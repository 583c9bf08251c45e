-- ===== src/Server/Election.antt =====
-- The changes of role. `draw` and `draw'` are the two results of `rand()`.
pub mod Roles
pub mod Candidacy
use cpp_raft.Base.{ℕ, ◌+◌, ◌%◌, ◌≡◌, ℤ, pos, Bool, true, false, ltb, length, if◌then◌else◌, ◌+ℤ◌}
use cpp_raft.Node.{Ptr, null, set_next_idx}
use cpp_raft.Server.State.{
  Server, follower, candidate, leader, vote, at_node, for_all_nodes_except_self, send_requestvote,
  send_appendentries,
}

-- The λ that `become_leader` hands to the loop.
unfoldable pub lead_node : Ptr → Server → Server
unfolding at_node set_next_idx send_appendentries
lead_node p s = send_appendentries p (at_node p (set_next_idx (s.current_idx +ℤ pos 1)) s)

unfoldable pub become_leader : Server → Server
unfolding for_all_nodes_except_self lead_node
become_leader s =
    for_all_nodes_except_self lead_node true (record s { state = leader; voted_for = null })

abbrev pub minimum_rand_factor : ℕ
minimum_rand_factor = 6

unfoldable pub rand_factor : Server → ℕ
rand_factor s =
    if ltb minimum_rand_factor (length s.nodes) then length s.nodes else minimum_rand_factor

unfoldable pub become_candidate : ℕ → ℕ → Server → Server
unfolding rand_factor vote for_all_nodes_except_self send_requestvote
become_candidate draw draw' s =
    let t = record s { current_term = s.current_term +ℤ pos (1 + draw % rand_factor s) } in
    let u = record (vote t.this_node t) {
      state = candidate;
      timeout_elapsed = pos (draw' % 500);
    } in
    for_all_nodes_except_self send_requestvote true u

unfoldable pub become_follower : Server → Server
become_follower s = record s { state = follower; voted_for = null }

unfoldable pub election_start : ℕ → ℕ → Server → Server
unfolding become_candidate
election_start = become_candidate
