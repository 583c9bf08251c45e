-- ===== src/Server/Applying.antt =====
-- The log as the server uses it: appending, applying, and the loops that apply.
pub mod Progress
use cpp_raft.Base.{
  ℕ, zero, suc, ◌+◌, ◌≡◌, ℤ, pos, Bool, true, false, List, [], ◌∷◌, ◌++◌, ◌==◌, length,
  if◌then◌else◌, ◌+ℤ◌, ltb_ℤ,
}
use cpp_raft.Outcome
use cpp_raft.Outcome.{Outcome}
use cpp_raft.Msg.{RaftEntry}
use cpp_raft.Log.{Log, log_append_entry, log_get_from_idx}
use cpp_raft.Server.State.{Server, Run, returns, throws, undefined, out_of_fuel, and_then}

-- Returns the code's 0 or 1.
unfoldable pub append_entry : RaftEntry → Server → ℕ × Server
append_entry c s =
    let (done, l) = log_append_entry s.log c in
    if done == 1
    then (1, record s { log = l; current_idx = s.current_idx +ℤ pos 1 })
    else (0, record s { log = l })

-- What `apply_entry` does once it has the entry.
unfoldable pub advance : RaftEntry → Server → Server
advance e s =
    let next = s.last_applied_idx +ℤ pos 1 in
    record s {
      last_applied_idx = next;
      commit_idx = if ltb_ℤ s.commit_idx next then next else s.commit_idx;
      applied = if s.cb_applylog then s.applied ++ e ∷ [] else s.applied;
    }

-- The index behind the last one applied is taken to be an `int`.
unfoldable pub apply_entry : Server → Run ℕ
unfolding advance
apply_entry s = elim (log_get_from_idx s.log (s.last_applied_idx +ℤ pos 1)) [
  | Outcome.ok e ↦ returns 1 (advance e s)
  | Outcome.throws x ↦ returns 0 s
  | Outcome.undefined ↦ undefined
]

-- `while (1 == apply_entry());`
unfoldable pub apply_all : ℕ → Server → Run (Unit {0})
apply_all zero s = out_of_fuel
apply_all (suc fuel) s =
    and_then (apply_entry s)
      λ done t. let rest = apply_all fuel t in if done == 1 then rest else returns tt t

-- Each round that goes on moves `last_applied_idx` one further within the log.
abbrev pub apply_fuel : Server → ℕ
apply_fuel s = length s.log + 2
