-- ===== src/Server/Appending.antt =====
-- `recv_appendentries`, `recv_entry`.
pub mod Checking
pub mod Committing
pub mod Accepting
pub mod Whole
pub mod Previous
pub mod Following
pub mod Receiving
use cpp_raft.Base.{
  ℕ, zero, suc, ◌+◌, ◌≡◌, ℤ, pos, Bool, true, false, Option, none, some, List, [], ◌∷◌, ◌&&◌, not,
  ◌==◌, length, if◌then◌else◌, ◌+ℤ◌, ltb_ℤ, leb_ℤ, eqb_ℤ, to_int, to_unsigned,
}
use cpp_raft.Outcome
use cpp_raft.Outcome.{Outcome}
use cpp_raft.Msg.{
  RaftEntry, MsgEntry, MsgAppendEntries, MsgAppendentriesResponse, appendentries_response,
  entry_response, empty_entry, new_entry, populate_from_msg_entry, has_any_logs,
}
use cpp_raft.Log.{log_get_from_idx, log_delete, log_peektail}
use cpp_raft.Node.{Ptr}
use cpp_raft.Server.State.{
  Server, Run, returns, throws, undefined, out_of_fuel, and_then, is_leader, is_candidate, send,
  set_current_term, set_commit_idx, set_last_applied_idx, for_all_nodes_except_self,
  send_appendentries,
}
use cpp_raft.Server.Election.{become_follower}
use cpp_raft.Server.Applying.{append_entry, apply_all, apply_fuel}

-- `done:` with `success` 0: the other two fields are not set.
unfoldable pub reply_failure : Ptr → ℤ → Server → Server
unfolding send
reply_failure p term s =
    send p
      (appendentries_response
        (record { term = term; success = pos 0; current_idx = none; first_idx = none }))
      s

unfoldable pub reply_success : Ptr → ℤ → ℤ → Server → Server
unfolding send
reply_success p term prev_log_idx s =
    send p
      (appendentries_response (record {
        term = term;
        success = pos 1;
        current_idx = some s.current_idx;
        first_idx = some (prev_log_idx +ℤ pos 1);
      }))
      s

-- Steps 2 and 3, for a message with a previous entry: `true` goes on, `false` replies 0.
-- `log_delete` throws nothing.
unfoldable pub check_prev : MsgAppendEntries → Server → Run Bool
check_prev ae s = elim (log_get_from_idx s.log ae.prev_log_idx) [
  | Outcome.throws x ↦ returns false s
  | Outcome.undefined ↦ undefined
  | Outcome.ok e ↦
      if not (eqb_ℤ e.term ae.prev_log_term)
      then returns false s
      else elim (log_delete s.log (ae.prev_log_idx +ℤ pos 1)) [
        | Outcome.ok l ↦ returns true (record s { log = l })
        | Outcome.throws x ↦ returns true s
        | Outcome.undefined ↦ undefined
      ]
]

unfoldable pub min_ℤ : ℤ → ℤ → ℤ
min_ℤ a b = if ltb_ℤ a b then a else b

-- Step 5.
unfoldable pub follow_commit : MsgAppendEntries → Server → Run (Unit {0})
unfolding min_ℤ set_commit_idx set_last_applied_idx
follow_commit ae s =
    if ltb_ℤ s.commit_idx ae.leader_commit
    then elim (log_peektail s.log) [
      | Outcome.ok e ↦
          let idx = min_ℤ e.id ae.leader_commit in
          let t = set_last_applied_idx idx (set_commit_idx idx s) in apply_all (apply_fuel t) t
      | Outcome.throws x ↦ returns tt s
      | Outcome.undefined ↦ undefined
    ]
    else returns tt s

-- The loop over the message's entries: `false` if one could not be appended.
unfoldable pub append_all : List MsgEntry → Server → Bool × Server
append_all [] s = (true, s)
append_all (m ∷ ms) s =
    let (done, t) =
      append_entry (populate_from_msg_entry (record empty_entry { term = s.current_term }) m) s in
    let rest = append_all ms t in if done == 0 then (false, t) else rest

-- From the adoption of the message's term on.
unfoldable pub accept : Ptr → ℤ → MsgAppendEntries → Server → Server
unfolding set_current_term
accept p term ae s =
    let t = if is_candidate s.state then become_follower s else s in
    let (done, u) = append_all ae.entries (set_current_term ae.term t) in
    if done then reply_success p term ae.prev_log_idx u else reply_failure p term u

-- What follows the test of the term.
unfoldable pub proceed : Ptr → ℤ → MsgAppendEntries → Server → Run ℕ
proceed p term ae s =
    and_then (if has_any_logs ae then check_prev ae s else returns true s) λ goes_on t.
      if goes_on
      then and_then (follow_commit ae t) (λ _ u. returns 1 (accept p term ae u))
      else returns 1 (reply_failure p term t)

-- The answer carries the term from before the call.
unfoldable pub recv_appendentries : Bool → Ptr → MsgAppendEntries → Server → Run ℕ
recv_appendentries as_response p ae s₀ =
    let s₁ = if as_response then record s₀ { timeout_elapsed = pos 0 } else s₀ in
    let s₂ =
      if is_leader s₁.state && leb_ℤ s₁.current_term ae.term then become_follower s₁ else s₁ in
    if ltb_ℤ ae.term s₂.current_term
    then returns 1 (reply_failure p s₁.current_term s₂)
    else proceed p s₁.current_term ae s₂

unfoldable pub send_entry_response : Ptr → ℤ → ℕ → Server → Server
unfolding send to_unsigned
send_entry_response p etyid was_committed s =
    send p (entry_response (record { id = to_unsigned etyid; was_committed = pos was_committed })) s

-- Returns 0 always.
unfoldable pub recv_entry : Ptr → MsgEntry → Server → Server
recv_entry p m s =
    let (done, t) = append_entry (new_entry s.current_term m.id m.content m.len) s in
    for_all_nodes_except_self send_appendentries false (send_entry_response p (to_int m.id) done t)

→ **REQUIRED WORK**
Reproduce only the lines between the line containing "else proceed p s₁.current_term ae s₂" and the last line of the records, those two lines included, exactly.

→ **ANSWER FOR THIS EXERCISE**
    else proceed p s₁.current_term ae s₂

unfoldable pub send_entry_response : Ptr → ℤ → ℕ → Server → Server
unfolding send to_unsigned
send_entry_response p etyid was_committed s =
    send p (entry_response (record { id = to_unsigned etyid; was_committed = pos was_committed })) s

-- Returns 0 always.
unfoldable pub recv_entry : Ptr → MsgEntry → Server → Server
recv_entry p m s =
    let (done, t) = append_entry (new_entry s.current_term m.id m.content m.len) s in
    for_all_nodes_except_self send_appendentries false (send_entry_response p (to_int m.id) done t)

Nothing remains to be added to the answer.